METTL3 emerges as a central regulator of BMSCs aging. Thus, Wu et al. [2018] had shown that Mettl3 overexpression in mesenchymal stem cells (MSCs) protects the bone marrow niche in mice (23). Wu et al. [2020] reported that METTL3 inhibited premature aging of human MSCs of the kidney thanks to the regulatory role of METTL3 in age-related processes (24). Reduced METTL3 levels in prematurely senescent human MSCs parallel a decreased m⁶A RNA methylation (25). The protective role of this enzyme is demonstrated by accelerated senescence in METTL3-knockout MSCs and the reversal of senescence upon METTL3 overexpression. Decreased METTL3 expression significantly downregulates m⁶A RNA methylation levels in endometrium cells (22).

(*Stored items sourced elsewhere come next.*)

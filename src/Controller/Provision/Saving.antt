-- ===== src/Controller/Provision/Saving.antt =====
-- createOrUpdateSecret and createOrUpdateConfigMap in handleProvisionClaim: what a run that reaches
-- the object bucket has saved, and the order that asks for.
use lib_bucket_provisioner.Base.{◌==◌, StringMap, true, Option, ◌≡◌, inl}
use lib_bucket_provisioner.V1alpha1.{ObjectBucketClaim, Secret, ConfigMap, Endpoint, Authentication}
use lib_bucket_provisioner.V1alpha1.Phase
use lib_bucket_provisioner.Cluster.Error.{Error, Reply, done, failed, is_already_exists}
use lib_bucket_provisioner.Cluster.Event.{
  Event, Trace, claim_status_updated, bucket_created, bucket_status_updated, secret_created,
  secret_updated, config_map_created, config_map_updated,
}
use lib_bucket_provisioner.Cluster.Env.{Env}
use lib_bucket_provisioner.Cluster.Monad.{World}
use lib_bucket_provisioner.Cluster.Triple.{
  Triple, Triple-bind, Triple-call, Triple-if, Triple-pure, Triple-raise, Triple-attempt,
  Triple-lift,
}
use lib_bucket_provisioner.Cluster.Ordered.{Any, Lasting, Any-Lasting, ×-Lasting, Kept, Ordered}
use lib_bucket_provisioner.Handlers.Create.{
  create_or_update_secret, secret_after_create, create_or_update_config_map,
  config_map_after_create, updated_or,
}

-- The secret was created or updated.
abbrev pub SecretSaved : Event → Type 0
SecretSaved (secret_created s (done _)) = Unit {0}
SecretSaved (secret_updated s (done _)) = Unit {0}
SecretSaved _ = ⊥

abbrev pub ConfigMapSaved : Event → Type 0
ConfigMapSaved (config_map_created cm (done _)) = Unit {0}
ConfigMapSaved (config_map_updated cm (done _)) = Unit {0}
ConfigMapSaved _ = ⊥

-- An object bucket was stored with the phase Bound.
abbrev pub BucketBound : Event → Type 0
BucketBound (bucket_status_updated ob (done _)) = ob.status.phase ≡ Phase.bound
BucketBound _ = ⊥

abbrev pub Saved : Trace → Type 0
Saved t = Any SecretSaved t × Any ConfigMapSaved t

-- An object bucket is created after the secret and the config map; a claim gets the phase Bound
-- after an object bucket has got it.
abbrev pub BindGuard : Event → Trace → Type 0
BindGuard (bucket_created ob r) t = Saved t
BindGuard (claim_status_updated obc r) t =
    (obc.status.phase == Phase.bound) ≡ true → Saved t × Any BucketBound t
BindGuard _ t = Unit {0}

pub Saved-Lasting : Lasting Saved
Saved-Lasting = ×-Lasting (Any-Lasting SecretSaved) (Any-Lasting ConfigMapSaved)

-- After a call that may have saved: the fact if it was answered, beside what held before.
abbrev IfDone :
    {E : Env} {A : Type 0} → (Trace → Type 0) → (Event → Type 0) → Reply A → World E → Type 0
IfDone K P (done _) = Kept BindGuard (λ t. K t × Any P t)
IfDone K P (failed _) = Kept BindGuard K

module _ {E : Env} {K : Trace → Type 0} (keep : Lasting K) where
  updated_or-done :
      (P : Event → Type 0) {A : Type 0} (e : Error) (r : Reply A)
      → Triple {E = E}
          (IfDone K P r)
          (updated_or e r)
          (λ _. Kept BindGuard (λ t. K t × Any P t))
          (Ordered BindGuard)
  unfolding updated_or
  updated_or-done P e (done a) = Triple-pure _ (λ w k. k)
  updated_or-done P e (failed f) = Triple-raise _ (λ w k. k.0)

  secret_after_create-saves :
      (s : Secret) (r : Reply Secret)
      → Triple {E = E}
          (IfDone K SecretSaved r)
          (secret_after_create s r)
          (λ _. Kept BindGuard (λ t. K t × Any SecretSaved t))
          (Ordered BindGuard)
  unfolding secret_after_create
  secret_after_create-saves s (done _) = Triple-pure _ (λ w k. k)
  secret_after_create-saves s (failed e) =
      Triple-if (is_already_exists e)
        (λ _.
          Triple-bind
            (Triple-attempt {R' = λ _. Kept BindGuard K}
              (Triple-call _ (secret_updated s)
                (λ w a t k h. ((tt, k.0), (keep.later _ _ k.1, inl tt)))
                (λ w a t k h. ((tt, k.0), keep.later _ _ k.1)))
              (λ e w k. k) (λ w k. k.0))
            (updated_or-done SecretSaved _))
        (λ _. Triple-raise _ (λ w k. k.0))

  pub create_or_update_secret-saves :
      (obc : ObjectBucketClaim) (auth : Option Authentication) (labels : StringMap)
      → Triple {E = E}
          (Kept BindGuard K)
          (create_or_update_secret obc auth labels)
          (λ _. Kept BindGuard (λ t. K t × Any SecretSaved t))
          (Ordered BindGuard)
  unfolding create_or_update_secret
  create_or_update_secret-saves obc auth labels =
      Triple-bind {Q' = λ _. Kept BindGuard K} (Triple-lift _ (λ a w h k. k) (λ w k. k.0)) λ s.
        Triple-bind {Q' = IfDone K SecretSaved}
          (Triple-attempt {R' = λ _. Kept BindGuard K}
            (Triple-call _ (secret_created s)
              (λ w a t k h. ((tt, k.0), (keep.later _ _ k.1, inl tt)))
              (λ w a t k h. ((tt, k.0), keep.later _ _ k.1)))
            (λ e w k. k) (λ w k. k.0))
          (secret_after_create-saves s)

  config_map_after_create-saves :
      (cm : ConfigMap) (r : Reply ConfigMap)
      → Triple {E = E}
          (IfDone K ConfigMapSaved r)
          (config_map_after_create cm r)
          (λ _. Kept BindGuard (λ t. K t × Any ConfigMapSaved t))
          (Ordered BindGuard)
  unfolding config_map_after_create
  config_map_after_create-saves cm (done _) = Triple-pure _ (λ w k. k)
  config_map_after_create-saves cm (failed e) =
      Triple-if (is_already_exists e)
        (λ _.
          Triple-bind
            (Triple-attempt {R' = λ _. Kept BindGuard K}
              (Triple-call _ (config_map_updated cm)
                (λ w a t k h. ((tt, k.0), (keep.later _ _ k.1, inl tt)))
                (λ w a t k h. ((tt, k.0), keep.later _ _ k.1)))
              (λ e w k. k) (λ w k. k.0))
            (updated_or-done ConfigMapSaved _))
        (λ _. Triple-raise _ (λ w k. k.0))

  pub create_or_update_config_map-saves :
      (obc : ObjectBucketClaim) (ep : Option Endpoint) (labels : StringMap)
      → Triple {E = E}
          (Kept BindGuard K)
          (create_or_update_config_map obc ep labels)
          (λ _. Kept BindGuard (λ t. K t × Any ConfigMapSaved t))
          (Ordered BindGuard)
  unfolding create_or_update_config_map
  create_or_update_config_map-saves obc ep labels =
      Triple-bind {Q' = λ _. Kept BindGuard K} (Triple-lift _ (λ a w h k. k) (λ w k. k.0)) λ cm.
        Triple-bind {Q' = IfDone K ConfigMapSaved}
          (Triple-attempt {R' = λ _. Kept BindGuard K}
            (Triple-call _ (config_map_created cm)
              (λ w a t k h. ((tt, k.0), (keep.later _ _ k.1, inl tt)))
              (λ w a t k h. ((tt, k.0), keep.later _ _ k.1)))
            (λ e w k. k) (λ w k. k.0))
          (config_map_after_create-saves cm)
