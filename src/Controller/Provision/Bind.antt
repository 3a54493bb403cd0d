-- ===== src/Controller/Provision/Bind.antt =====
-- handleProvisionClaim: what must have been saved before an object bucket is created and before the
-- claim is Bound.
use lib_bucket_provisioner.Base.{Text, refl, inl, inr}
use lib_bucket_provisioner.V1alpha1.{ObjectBucketClaim, ObjectBucket, StorageClass}
use lib_bucket_provisioner.V1alpha1.Phase
use lib_bucket_provisioner.Cluster.Event.{Trace, bucket_status_updated}
use lib_bucket_provisioner.Cluster.Env.{Env}
use lib_bucket_provisioner.Cluster.Emits.{Emits-map_error, Emits-call, Emits-bind, Emits-pure}
use lib_bucket_provisioner.Cluster.Triple.{
  Triple-blame_result, Triple, Triple-bind, Triple-call, Triple-map_error, Triple-weaken,
  Triple-deref,
}
use lib_bucket_provisioner.Cluster.Ordered.{
  Any, Lasting, Any-Lasting, ×-Lasting, always, Kept, Ordered, Triple-Kept, Triple-Ordered,
}
use lib_bucket_provisioner.Helpers.Lookups.{claim_ref_for_key}
use lib_bucket_provisioner.Handlers.Update.{store_claim}
use lib_bucket_provisioner.Handlers.Emits as handlers
use lib_bucket_provisioner.Controller.Emits as emits
use lib_bucket_provisioner.Controller.Resources.{Controller}
use lib_bucket_provisioner.Controller.Provision.{
  set_obc_meta_fields, save_connection, save_bucket, bind_claim, handle_provision_claim,
}
use lib_bucket_provisioner.Controller.Provision.Saving.{
  SecretSaved, BucketBound, Saved, BindGuard, Saved-Lasting, create_or_update_secret-saves,
  create_or_update_config_map-saves,
}

module _ {E : Env} (c : Controller) (obc : ObjectBucketClaim) where
  save_connection-Saved :
      (ob : ObjectBucket)
      → Triple {E = E}
          (Ordered BindGuard tt)
          (save_connection c obc ob)
          (λ _. Kept BindGuard Saved)
          (Ordered BindGuard)
  unfolding save_connection
  save_connection-Saved ob =
      Triple-bind {Q' = λ _. Kept BindGuard (λ _. Unit {0})}
        (Triple-deref _ (λ a w h k. (k, tt)) (λ w h k. k))
        λ connection.
          Triple-bind
            (Triple-map_error _ (
              create_or_update_secret-saves always obc connection.authentication
                c.provisioner_labels))
            λ _. Triple-map_error _ (
              Triple-weaken
                (create_or_update_config_map-saves (Any-Lasting SecretSaved) obc connection.endpoint
                  c.provisioner_labels)
                (λ w k. (k.0, k.1.1)) (λ a w k. k) (λ x w k. k))

-- The secret, the config map and the phase of an object bucket are saved.
abbrev AllSaved : Trace → Type 0
AllSaved t = Saved t × Any BucketBound t

AllSaved-Lasting : Lasting AllSaved
AllSaved-Lasting = ×-Lasting Saved-Lasting (Any-Lasting BucketBound)

module _ {E : Env} (c : Controller) (key : Text) (obc : ObjectBucketClaim)
    (class : StorageClass) where
  save_bucket-AllSaved :
      (ob : ObjectBucket)
      → Triple {E = E}
          (Kept BindGuard Saved)
          (save_bucket c key obc class ob)
          (λ _. Kept BindGuard AllSaved)
          (Ordered BindGuard)
  unfolding save_bucket claim_ref_for_key
  save_bucket-AllSaved ob =
      Triple-bind
        (Triple-Kept BindGuard Saved-Lasting (
          Emits-map_error _ (
            Emits-bind (handlers.claim_for_key-Emits _ (λ n m r t k. tt) key)
              (λ claim. Emits-pure _))))
        λ ref.
          Triple-bind
            (Triple-Kept BindGuard Saved-Lasting (
              Emits-map_error _ (
                handlers.create_or_update_object_bucket-Emits _ (λ n r t k. tt) (λ b r t k. k)
                  (λ b r t k. tt) _)))
            λ saved.
              Triple-blame_result _ _ (λ w n h. h)
                (Triple-call _
                  (bucket_status_updated (record saved { status = record { phase = Phase.bound } }))
                  (λ w a t k h. ((tt, k.0), ((inr k.1.0, inr k.1.1), inl refl)))
                  (λ w a t k h. (tt, k.0)))

  bind_claim-Ordered :
      (ob : ObjectBucket) (name : Text)
      → Triple {E = E}
          (Kept BindGuard AllSaved)
          (bind_claim obc ob name)
          (λ _. Ordered BindGuard tt)
          (Ordered BindGuard)
  bind_claim-Ordered ob name =
      Triple-weaken
        (Triple-Kept BindGuard AllSaved-Lasting
          (emits.bind_claim-Emits _ (λ o r t k. tt) (λ o r t k _. k) obc ob name))
        (λ w k. k) (λ a w k. k.0) (λ x w k. k)

module _ {E : Env} (c : Controller) (key : Text) (given : ObjectBucketClaim)
    (class : StorageClass) where
  pub handle_provision_claim-binds :
      Triple {E = E}
        (Ordered BindGuard tt)
        (handle_provision_claim c key given class)
        (λ _. Ordered BindGuard tt)
        (Ordered BindGuard)
  unfolding handle_provision_claim set_obc_meta_fields store_claim
  handle_provision_claim-binds =
      Triple-bind
        (Triple-Ordered _ (Emits-map_error _ (Emits-map_error _ (Emits-call _ _ (λ r t. tt)))))
        λ marked.
          Triple-bind
            (Triple-Ordered _
              (Emits-map_error _ (handlers.get_ob_from_key-Emits _ (λ n r t. tt) key)))
            λ ob. Triple-bind (Triple-Ordered _ (handlers.err_if_modified-Emits _ ob marked)) λ _.
              Triple-bind
                (Triple-Ordered _ (emits.choose_bucket_name-Emits _ (λ i t. tt) class marked))
                λ name.
                  Triple-bind
                    (Triple-Ordered _ (emits.store_bucket_name-Emits _ (λ o r t. tt) marked name))
                    λ obc.
                      Triple-bind
                        (Triple-Ordered _ (
                          emits.run_provisioner-Emits _ (λ o b r t. tt) (λ o r t. tt) (λ o r t. tt)
                            obc ob class name))
                        λ provided. Triple-bind (save_connection-Saved c obc provided) λ _.
                          Triple-bind (save_bucket-AllSaved c key obc class provided)
                            λ saved. bind_claim-Ordered c key obc class saved name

In Guo et al.’s work, the authors extracted the mRNA of BMSCs irradiated/non-treated and irradiated/treated with CDs for transcriptome-wide RNA sequencing and methylated RNA immunoprecipitation sequencing. They detected increased m⁶A levels located in the 3-untranslated regions of mRNA coding for a protein called CAP-GLY domain containing linker protein 3 (CLIP3). Putative m⁶A sites of Clip3 mRNA were predicted by observed sequence-based m⁶A modification sites. Subsequently, the increased enzyme METTL3 caused increased m⁶A modification, which leads to enhanced degradation of Clip3 mRNA and downregulated Clip3 expression (see schematic presentation in Figure 1).

Figure 1 Schematic illustrating the therapeutic action of CDs in promoting osteogenic differentiation of irradiated BMSCs by regulation of METTL3/Clip3 in an m6A-dependent manner. Col-1, collagen 1; Runx-2, Runt-related transcription factor 2; Alp, alkaline phosphatase; Ocn, osteocalcin; CD, carbon dot; BMSC, bone marrow mesenchymal stem cell.

This study thus showed that CDs most probably elevate m⁶A levels in irradiated MSCs by boosting METTL3 expression. As noted by the authors, the specific mechanisms underlying the process of how CDs promote METTL3 remain unclear. The authors (9) propose that the functional group located at the surface of CDs plays a role. As CDs from L. barbarum are rich in −CH₃, −OH, −NH, and other functional groups, the authors suggested that there could be an electrostatic attraction between positively charged CDs and protein (or subunit of) since most proteins possess a negative potential in vivo. They speculate that the interaction of functional groups of CDs and proteins may lead to a conformational change in Clip3 mRNA.

Conclusions and significance

Taken together, CDs produced from L. barbarum alleviate bone injury inflicted by radiation therapy, by inhibiting cellular senescence via regulation of m⁶A modification of Clip3. This important preclinical research therefore indicates that CDs mediate radiation-induced bone injury via the downregulation of Clip3 expression (9).

Appraisal of the above findings reported by Guo et al. regarding the alleviation of radiation-induced bone injury should be considered with its merits and limitations (9). There might be alternative mechanisms for the CDs to alleviate bone injury. As Guo et al. note, “the effect of CDs on other cell types might also participate in the therapeutical process; however, the major role was [in] BMSCs”. Also, there were suggestions for the effect of METTL3 on m⁶A modification of other genes mRNA, such as SIRT1 (22) or MIS12 (24), therefore involving other signaling pathways rather than being downstream of the Clip3.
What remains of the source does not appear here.